**DATA FOR PROCESSING:**

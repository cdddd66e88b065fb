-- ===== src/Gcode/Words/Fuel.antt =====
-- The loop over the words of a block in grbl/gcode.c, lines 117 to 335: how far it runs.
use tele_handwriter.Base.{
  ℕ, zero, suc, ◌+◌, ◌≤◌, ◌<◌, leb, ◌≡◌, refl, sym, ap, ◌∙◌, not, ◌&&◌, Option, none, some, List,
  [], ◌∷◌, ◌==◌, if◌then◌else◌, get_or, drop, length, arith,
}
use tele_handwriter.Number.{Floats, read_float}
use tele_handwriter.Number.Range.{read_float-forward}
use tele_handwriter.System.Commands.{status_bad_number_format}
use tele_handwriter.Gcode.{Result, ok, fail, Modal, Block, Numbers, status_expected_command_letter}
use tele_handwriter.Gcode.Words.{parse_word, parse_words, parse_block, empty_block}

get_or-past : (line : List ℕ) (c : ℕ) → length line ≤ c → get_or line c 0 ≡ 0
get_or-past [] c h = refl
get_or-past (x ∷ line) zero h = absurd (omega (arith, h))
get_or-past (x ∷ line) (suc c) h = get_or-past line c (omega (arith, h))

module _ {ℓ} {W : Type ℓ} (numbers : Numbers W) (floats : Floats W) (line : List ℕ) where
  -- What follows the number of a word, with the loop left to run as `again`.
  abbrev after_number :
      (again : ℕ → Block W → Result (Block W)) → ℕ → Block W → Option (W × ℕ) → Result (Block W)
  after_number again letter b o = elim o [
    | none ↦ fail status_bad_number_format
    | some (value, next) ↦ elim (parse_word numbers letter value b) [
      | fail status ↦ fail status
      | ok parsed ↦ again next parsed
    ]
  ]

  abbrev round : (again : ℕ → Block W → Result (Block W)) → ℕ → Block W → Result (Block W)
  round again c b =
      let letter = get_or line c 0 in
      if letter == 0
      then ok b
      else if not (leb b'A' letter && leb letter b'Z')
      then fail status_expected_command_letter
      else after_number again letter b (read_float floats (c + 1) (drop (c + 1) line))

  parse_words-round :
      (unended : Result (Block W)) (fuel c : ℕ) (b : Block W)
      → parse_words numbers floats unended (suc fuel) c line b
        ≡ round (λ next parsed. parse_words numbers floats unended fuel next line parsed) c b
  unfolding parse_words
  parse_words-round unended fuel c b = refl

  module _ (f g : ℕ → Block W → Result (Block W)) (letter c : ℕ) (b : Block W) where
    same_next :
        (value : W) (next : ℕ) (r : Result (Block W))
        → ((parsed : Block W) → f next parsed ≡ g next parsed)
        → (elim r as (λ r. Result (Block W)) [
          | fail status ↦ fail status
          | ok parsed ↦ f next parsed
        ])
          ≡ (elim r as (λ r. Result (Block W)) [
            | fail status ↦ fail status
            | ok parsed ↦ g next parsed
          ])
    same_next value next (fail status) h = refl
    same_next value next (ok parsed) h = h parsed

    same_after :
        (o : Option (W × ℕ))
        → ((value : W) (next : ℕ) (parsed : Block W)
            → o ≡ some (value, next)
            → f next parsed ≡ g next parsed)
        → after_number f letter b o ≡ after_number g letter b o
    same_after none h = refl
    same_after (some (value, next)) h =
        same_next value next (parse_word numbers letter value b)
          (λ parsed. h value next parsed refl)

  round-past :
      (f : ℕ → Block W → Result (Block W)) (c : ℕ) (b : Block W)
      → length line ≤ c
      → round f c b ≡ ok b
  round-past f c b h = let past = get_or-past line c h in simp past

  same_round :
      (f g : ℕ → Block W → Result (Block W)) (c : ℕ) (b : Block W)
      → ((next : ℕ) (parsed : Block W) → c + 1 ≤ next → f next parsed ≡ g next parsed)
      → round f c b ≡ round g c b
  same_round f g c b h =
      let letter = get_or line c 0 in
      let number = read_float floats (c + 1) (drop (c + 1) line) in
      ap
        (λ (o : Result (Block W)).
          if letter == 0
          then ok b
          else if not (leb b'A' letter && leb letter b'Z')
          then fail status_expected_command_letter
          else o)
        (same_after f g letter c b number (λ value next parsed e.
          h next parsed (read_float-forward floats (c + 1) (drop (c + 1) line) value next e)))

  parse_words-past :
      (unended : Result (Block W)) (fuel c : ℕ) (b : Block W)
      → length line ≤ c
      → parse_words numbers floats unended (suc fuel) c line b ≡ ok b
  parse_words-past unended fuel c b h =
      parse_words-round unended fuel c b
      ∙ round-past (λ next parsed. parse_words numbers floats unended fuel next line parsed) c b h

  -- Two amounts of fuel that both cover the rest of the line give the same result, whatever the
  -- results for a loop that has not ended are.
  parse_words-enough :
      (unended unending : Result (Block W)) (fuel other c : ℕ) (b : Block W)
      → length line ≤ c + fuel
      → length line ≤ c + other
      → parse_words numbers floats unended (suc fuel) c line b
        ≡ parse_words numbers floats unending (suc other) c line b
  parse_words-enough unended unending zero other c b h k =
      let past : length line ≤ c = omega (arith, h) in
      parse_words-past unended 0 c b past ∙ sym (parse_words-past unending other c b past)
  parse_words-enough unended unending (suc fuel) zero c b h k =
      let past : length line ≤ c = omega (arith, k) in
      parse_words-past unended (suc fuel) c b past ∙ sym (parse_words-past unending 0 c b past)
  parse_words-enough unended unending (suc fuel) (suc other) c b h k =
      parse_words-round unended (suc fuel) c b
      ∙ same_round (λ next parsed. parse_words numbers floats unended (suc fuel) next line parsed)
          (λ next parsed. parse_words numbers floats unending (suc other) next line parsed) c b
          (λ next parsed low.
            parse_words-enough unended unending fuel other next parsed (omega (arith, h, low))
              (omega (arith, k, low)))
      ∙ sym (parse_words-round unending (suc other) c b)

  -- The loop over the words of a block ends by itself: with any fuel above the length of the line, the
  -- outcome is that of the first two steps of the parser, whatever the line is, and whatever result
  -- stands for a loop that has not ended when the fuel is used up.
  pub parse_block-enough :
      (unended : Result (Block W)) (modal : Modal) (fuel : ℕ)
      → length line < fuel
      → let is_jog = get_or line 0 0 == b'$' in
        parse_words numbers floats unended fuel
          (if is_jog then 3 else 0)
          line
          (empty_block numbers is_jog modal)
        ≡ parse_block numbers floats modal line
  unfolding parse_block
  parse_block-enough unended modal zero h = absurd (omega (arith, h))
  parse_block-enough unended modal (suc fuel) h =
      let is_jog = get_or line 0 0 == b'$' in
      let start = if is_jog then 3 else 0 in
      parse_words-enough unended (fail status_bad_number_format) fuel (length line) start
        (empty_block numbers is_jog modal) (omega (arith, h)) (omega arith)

**WHAT YOU ARE ASKED TO DO:** When the line with "round-past f c" is reached in the data above, start copying there, and copy each line exactly until the line with "same_round f g" has been copied; copy nothing else.

**WRITTEN REPLY:**
  round-past f c b h = let past = get_or-past line c h in simp past

  same_round :
      (f g : ℕ → Block W → Result (Block W)) (c : ℕ) (b : Block W)
      → ((next : ℕ) (parsed : Block W) → c + 1 ≤ next → f next parsed ≡ g next parsed)
      → round f c b ≡ round g c b
  same_round f g c b h =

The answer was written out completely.